Happy Happy Birthday!
:whoo:eace::whoo:eace:


----------



## MaddiesMom (Apr 1, 2007)

HAPPY BIRTHDAY JUDY!!


----------



## Judy A (Jan 13, 2007)

Thanks for all the beautiful birthday wishes! I guess my friends thought that 55 was a big deal because I had an additional surprise party at 8 with a different group of friends! I hate to tell you how many beers, margaritas, and wine I've consumed today! (well, for me it was a lot!) Whew, I hope they don't think 60's a big deal...I won't survive it!! LOL! All in all it was a great day and my ribs hurt from laughing so much!

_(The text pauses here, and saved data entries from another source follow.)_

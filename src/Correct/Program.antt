-- ===== src/Correct/Program.antt =====
-- The whole of `BytecodeCompiler.Compile` followed by `BytecodeVM.Eval`.
use mathlib.Core.Path.{subst}
use mathlib.Core.List.{append-nil}
use risk_engine.Prelude.{
  ℕ, suc, ◌+◌, ◌≤◌, ◌≡◌, refl, sym, ◌∙◌, ap, false, none, some, List, [], ◌∷◌, Str, bytes, length,
  get_elem?, arith,
}
use risk_engine.Outcome.{Outcome, ok, err, panic, bind-eq-ok}
use risk_engine.Value.{Value}
use risk_engine.Accessor.{EvalContext}
use risk_engine.Runtime.{Floats}
use risk_engine.Bound.{BoundExpr, eval}
use risk_engine.Bytecode.{BytecodeProgram, Formatter, Instruction}
use risk_engine.Bytecode.Fold.{optimize_bound_expr}
use risk_engine.Bytecode.Emit.{Emission, new_bytecode_compiler, emit_expr, find_key, find_builtin}
use risk_engine.Bytecode.Peephole.{optimize_instructions}
use risk_engine.Bytecode.Compile.{program_of, compile_steps, compile}
use risk_engine.Bytecode.Vm.{BytecodeVm, state, recovered, vm_eval}
use risk_engine.Correct.WellBound.{WellBound, BoolOperands, ConstantsIn}
use risk_engine.Correct.Halting.{After-self, Halts, Halts-end}
use risk_engine.Correct.Layout.{At, At-whole}
use risk_engine.Correct.Tables.{KeysSound, Indexed}
use risk_engine.Correct.Needs.{stack_need}
use risk_engine.Correct.Computes.{push_one}
use risk_engine.Correct.Opcodes.{ok_injective}
use risk_engine.Correct.Dense.{optimize_instructions-Kept}
use risk_engine.Correct.FoldingWhole.{eval-optimize_bound_expr, optimize_bound_expr-BoolOperands}
use risk_engine.Correct.Emission.{Emitted}
use risk_engine.Correct.Emission.Whole.{emit_expr-Emits}

recovered-eq-ok :
    {A : Type 0} (place : Str) (o : Outcome A) {a : A} → recovered place o ≡ ok a → o ≡ ok a
unfolding recovered
recovered-eq-ok place (ok b) h = h
recovered-eq-ok place (err e) h = cc
recovered-eq-ok place panic h = cc

end_of : (xs : List Instruction) → get_elem? xs (length xs) ≡ none
end_of [] = refl
end_of (x ∷ xs) = end_of xs

At-self : (xs : List Instruction) → At xs 0 xs
At-self xs = subst (λ l. At l 0 xs) (append-nil xs) (At-whole [] xs [])

module _ {D : Type 0} ⦃fl : Floats D⦄ (fmt : Formatter D) (P : Value D → Type 0) where
  abbrev start : Emission D
  start = record { compiler = new_bytecode_compiler; instructions = [] }

  pub start-Indexed : Indexed fmt P new_bytecode_compiler
  unfolding find_key find_builtin
  start-Indexed = record {
    constants = λ k i h. cc;
    accessors = λ k i h. cc;
    builtins = λ k i h. cc;
  }

  whole :
      (s : Emission D) (e : BoundExpr D)
      → Emitted fmt P start s (stack_need e) 1 (BoolOperands e) (eval e) push_one
      → optimize_instructions s.instructions ≡ s.instructions
  whole s e d =
      subst (λ l. optimize_instructions l ≡ l) (sym d.appended)
        (optimize_instructions-Kept d.code d.kept)

  -- `whole` is what the code is, and it stands at the start of the program of it.
  program-Halts :
      (vm : BytecodeVm) (ctx : EvalContext D) (e : BoundExpr D) (s : Emission D)
      → Emitted fmt P start s (stack_need e) 1 (BoolOperands e) (eval e) push_one
      → ((n : ℕ) → vm.cancelled n ≡ false)
      → BoolOperands e ctx
      → length s.instructions ≤ vm.max_steps
      → stack_need e ≤ vm.max_stack_depth
      → Halts vm (program_of fmt e s) ctx (state 0 [] 0) (eval e ctx)
  unfolding program_of
  program-Halts vm ctx e s d calm bools steps room =
      d.computes.leads vm (program_of fmt e s) ctx calm
        (subst (λ l. At l 0 d.code) (sym d.appended) (At-self d.code))
        (record { constants = λ i v h. h; accessors = λ i a h. h; builtins = λ i f h. h }) bools []
        0 (eval e ctx) (omega arith) (omega (arith, size))
        (After-self (eval e ctx) λ v same n below. rw same (
          Halts-end vm (program_of fmt e s) ctx (0 + length d.code) n v
            (subst (λ l. get_elem? l (0 + length d.code) ≡ none) (sym d.appended)
              (rw (zero_add (length d.code)) (end_of d.code)))
            (omega (arith, size))))
    where
      zero_add : (n : ℕ) → 0 + n ≡ n
      zero_add n = omega arith

      size : length s.instructions ≡ length d.code
      size = ap length d.appended

  -- The parts of a compilation that succeeds.
  compile_parts :
      (e : BoundExpr D) (p : BytecodeProgram D)
      → compile fmt e ≡ ok p
      → (e' : BoundExpr D) × (s : Emission D) × (optimize_bound_expr e ≡ ok e')
        × (emit_expr fmt e' start ≡ ok s)
        × (record (program_of fmt e' s) { instructions = optimize_instructions s.instructions } ≡ p)
  unfolding compile compile_steps program_of
  compile_parts e p h =
      let (e', h₁, h₂) =
        bind-eq-ok (optimize_bound_expr e) _
          (recovered-eq-ok (bytes "bytecode_compile") (compile_steps fmt e) h) in
      let (s, h₃, h₄) = bind-eq-ok (emit_expr fmt e' start) _ h₂ in (e', s, h₁, h₃, ok_injective h₄)

  vm_eval-Halts :
      (vm : BytecodeVm) (p : BytecodeProgram D) (ctx : EvalContext D) (r : Outcome (Value D))
      → Halts vm p ctx (state 0 [] 0) r
      → vm_eval vm p ctx ≡ some (recovered (bytes "bytecode_eval") r)
  unfolding vm_eval
  vm_eval-Halts vm p ctx r h = rw (vm_eval, h.halts (suc vm.max_steps) (omega arith)) refl

  -- The machine on the program that the compiler makes of a well-bound expression returns, and gives
  -- what the evaluator gives, a recovered panic included. It takes keys that tell the constants of
  -- the folded expression apart, a context in which the right operands of `&&` and `||` have
  -- Boolean values, a run that is not cancelled, and limits that leave a step for each instruction
  -- and the room on the stack that the expression needs.
  pub vm_eval-compile :
      (sound : KeysSound fmt P) (e e' : BoundExpr D) (p : BytecodeProgram D) (vm : BytecodeVm)
      (ctx : EvalContext D)
      → WellBound e
      → optimize_bound_expr e ≡ ok e'
      → ConstantsIn P e'
      → compile fmt e ≡ ok p
      → BoolOperands e ctx
      → ((n : ℕ) → vm.cancelled n ≡ false)
      → length p.instructions ≤ vm.max_steps
      → stack_need e' ≤ vm.max_stack_depth
      → vm_eval vm p ctx ≡ some (recovered (bytes "bytecode_eval") (eval e ctx))
  unfolding program_of
  vm_eval-compile sound e e' p vm ctx bound fold constants made bools calm steps room =
      let (e₁, s, h₁, h₂, h₃) = compile_parts e p made in
      let same : e₁ ≡ e' = ok_injective (sym h₁ ∙ fold) in
      let (means, bound') = eval-optimize_bound_expr e e' fold bound in
      let d =
        emit_expr-Emits fmt P sound e' bound' constants start s (rw same at h₂) start-Indexed in
      let program : program_of fmt e' s ≡ p =
        ap (λ l. record (program_of fmt e' s) { instructions = l }) (sym (whole s e' d))
        ∙ (rw same at h₃) in
      let fits : length s.instructions ≤ vm.max_steps =
        subst (λ q. length q.instructions ≤ vm.max_steps) (sym program) steps in
      rw (← means ctx) (
        vm_eval-Halts vm p ctx (eval e' ctx) (
          subst (λ q. Halts vm q ctx (state 0 [] 0) (eval e' ctx)) program
            (program-Halts vm ctx e' s d calm
              (optimize_bound_expr-BoolOperands e e' fold bound ctx bools) fits room)))
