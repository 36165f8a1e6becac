-- ===== src/Correct/Compiling.antt =====
-- From the text of a rule to the value that the machine gives.
use risk_engine.Prelude.{ℕ, ◌≤◌, ◌≡◌, sym, ◌∙◌, ap, false, Option, none, some, length, Str, bytes}
use risk_engine.Outcome.{Outcome, ok, bind-eq-ok}
use risk_engine.Schema.{FactorRegistry}
use risk_engine.Value.{Value}
use risk_engine.Accessor.{EvalContext}
use risk_engine.Runtime.{Floats}
use risk_engine.Expr.{Expr}
use risk_engine.Evaluator.{eval_expr}
use risk_engine.Bound.{BoundExpr, result_type}
use risk_engine.Binder.{bind}
use risk_engine.Parser.Grammar.{Decimals, parse}
use risk_engine.Bytecode.{Formatter}
use risk_engine.Bytecode.Fold.{optimize_bound_expr}
use risk_engine.Bytecode.Compile.{compile}
use risk_engine.Bytecode.Vm.{BytecodeVm, vm_eval, recovered}
use risk_engine.Compiler.{CompiledExpr, then_do, bind_string, compile_rule}
use risk_engine.Correct.WellBound.{BoolOperands, ConstantsIn}
use risk_engine.Correct.Opcodes.{ok_injective}
use risk_engine.Correct.Needs.{stack_need}
use risk_engine.Correct.Tables.{KeysSound}
use risk_engine.Correct.Agreement.{Fits, eval-bind}
use risk_engine.Correct.Binding.{bind-WellBound}
use risk_engine.Correct.Program.{vm_eval-compile}

some_injective : {A : Type 0} {a b : A} → some a ≡ some b → a ≡ b
some_injective h = cc

then_do-eq-ok :
    {A B : Type 0} (m : Option (Outcome A)) (f : A → Outcome B) {b : B}
    → then_do m f ≡ some (ok b)
    → (a : A) × (m ≡ some (ok a)) × (f a ≡ ok b)
then_do-eq-ok none f h = cc
then_do-eq-ok (some m) f h = let (a, e, g) = bind-eq-ok m f (some_injective h) in (a, ap some e, g)

module _ {D : Type 0} ⦃fl : Floats D⦄ (decimals : Decimals D) (fmt : Formatter D) where
  -- A compilation that succeeds, when the tree and the bound tree are known.
  compiled_program :
      (registry : FactorRegistry) (raw : Str) (e : Expr D) (b : BoundExpr D) (c : CompiledExpr D)
      → parse decimals raw ≡ some (ok e)
      → bind registry e ≡ ok b
      → compile_rule decimals fmt raw registry ≡ some (ok c)
      → (compile fmt b ≡ ok c.bytecode) × (c.result_type ≡ result_type b)
  unfolding compile_rule bind_string
  compiled_program registry raw e b c parsed bound made =
      let run = (rw (compile_rule, bind_string, parsed, bound) at made) in
      let (p, compiled, same) = bind-eq-ok (compile fmt b) _ (some_injective run) in
      let whole = ok_injective same in
      (compiled ∙ ap (λ x. ok x.bytecode) whole, ap (λ x. x.result_type) (sym whole))

  -- When the text of a rule parses, binds and compiles, the machine on the program returns what the
  -- evaluator gives for the tree of the text, a recovered panic included. It takes a context that fits the
  -- registry and in which the right operands of `&&` and `||` have Boolean values, keys that tell the
  -- constants of the folded expression apart, a run that is not cancelled, and limits that leave a step for
  -- each instruction and the room on the stack that the expression needs.
  pub vm_eval-compile_rule :
      (P : Value D → Type 0) (sound : KeysSound fmt P) (registry : FactorRegistry) (raw : Str)
      (e : Expr D) (b b' : BoundExpr D) (c : CompiledExpr D) (vm : BytecodeVm) (ctx : EvalContext D)
      → parse decimals raw ≡ some (ok e)
      → bind registry e ≡ ok b
      → optimize_bound_expr b ≡ ok b'
      → compile_rule decimals fmt raw registry ≡ some (ok c)
      → Fits registry ctx
      → ConstantsIn P b'
      → BoolOperands b ctx
      → ((n : ℕ) → vm.cancelled n ≡ false)
      → length c.bytecode.instructions ≤ vm.max_steps
      → stack_need b' ≤ vm.max_stack_depth
      → vm_eval vm c.bytecode ctx ≡ some (recovered (bytes "bytecode_eval") (eval_expr e ctx))
  vm_eval-compile_rule P sound registry raw e b b' c vm ctx parsed bound fold made fits constants
        bools calm steps room =
      vm_eval-compile fmt P sound b b' c.bytecode vm ctx (bind-WellBound registry e b bound) fold
        constants (compiled_program registry raw e b c parsed bound made).0 bools calm steps room
      ∙ ap (λ r. some (recovered (bytes "bytecode_eval") r)) (eval-bind registry ctx fits e b bound)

I tell ya, I don't know what I'd do without all my friends.....forum one's included!


----------



## irnfit (Nov 21, 2006)

Happy birthday, Judy. Hope you had a great day!


----------



## Lynn (Jan 2, 2007)

_HAPPY BIRTHDAY JUDY!!:_:arty:

Sounds like you had a good one!!eace:


----------



## JASHavanese (Apr 24, 2007)

Happy Birthday Judy!!! arty::drum::cheer2::juggle:


----------



## Lina (Apr 26, 2007)

Sorry for the lateness, but Happy Belated Birthday anyway! arty:


----------



## Jane (Jun 2, 2007)

*Happy Birthday, Judy!!!*

Glad to know I'm not the only one with mouth-kissing Havs! :biggrin1:


----------



## marjrc (Jan 13, 2007)

Sorry, I missed your b'day, Judy!! Glad to hear you were spoiled and treated to all that drinking. lol ((hugs))


----------



## suzyfrtz (Nov 12, 2007)

Hope you have a wonderful year, Judy! 
Suzy AKA Sue


----------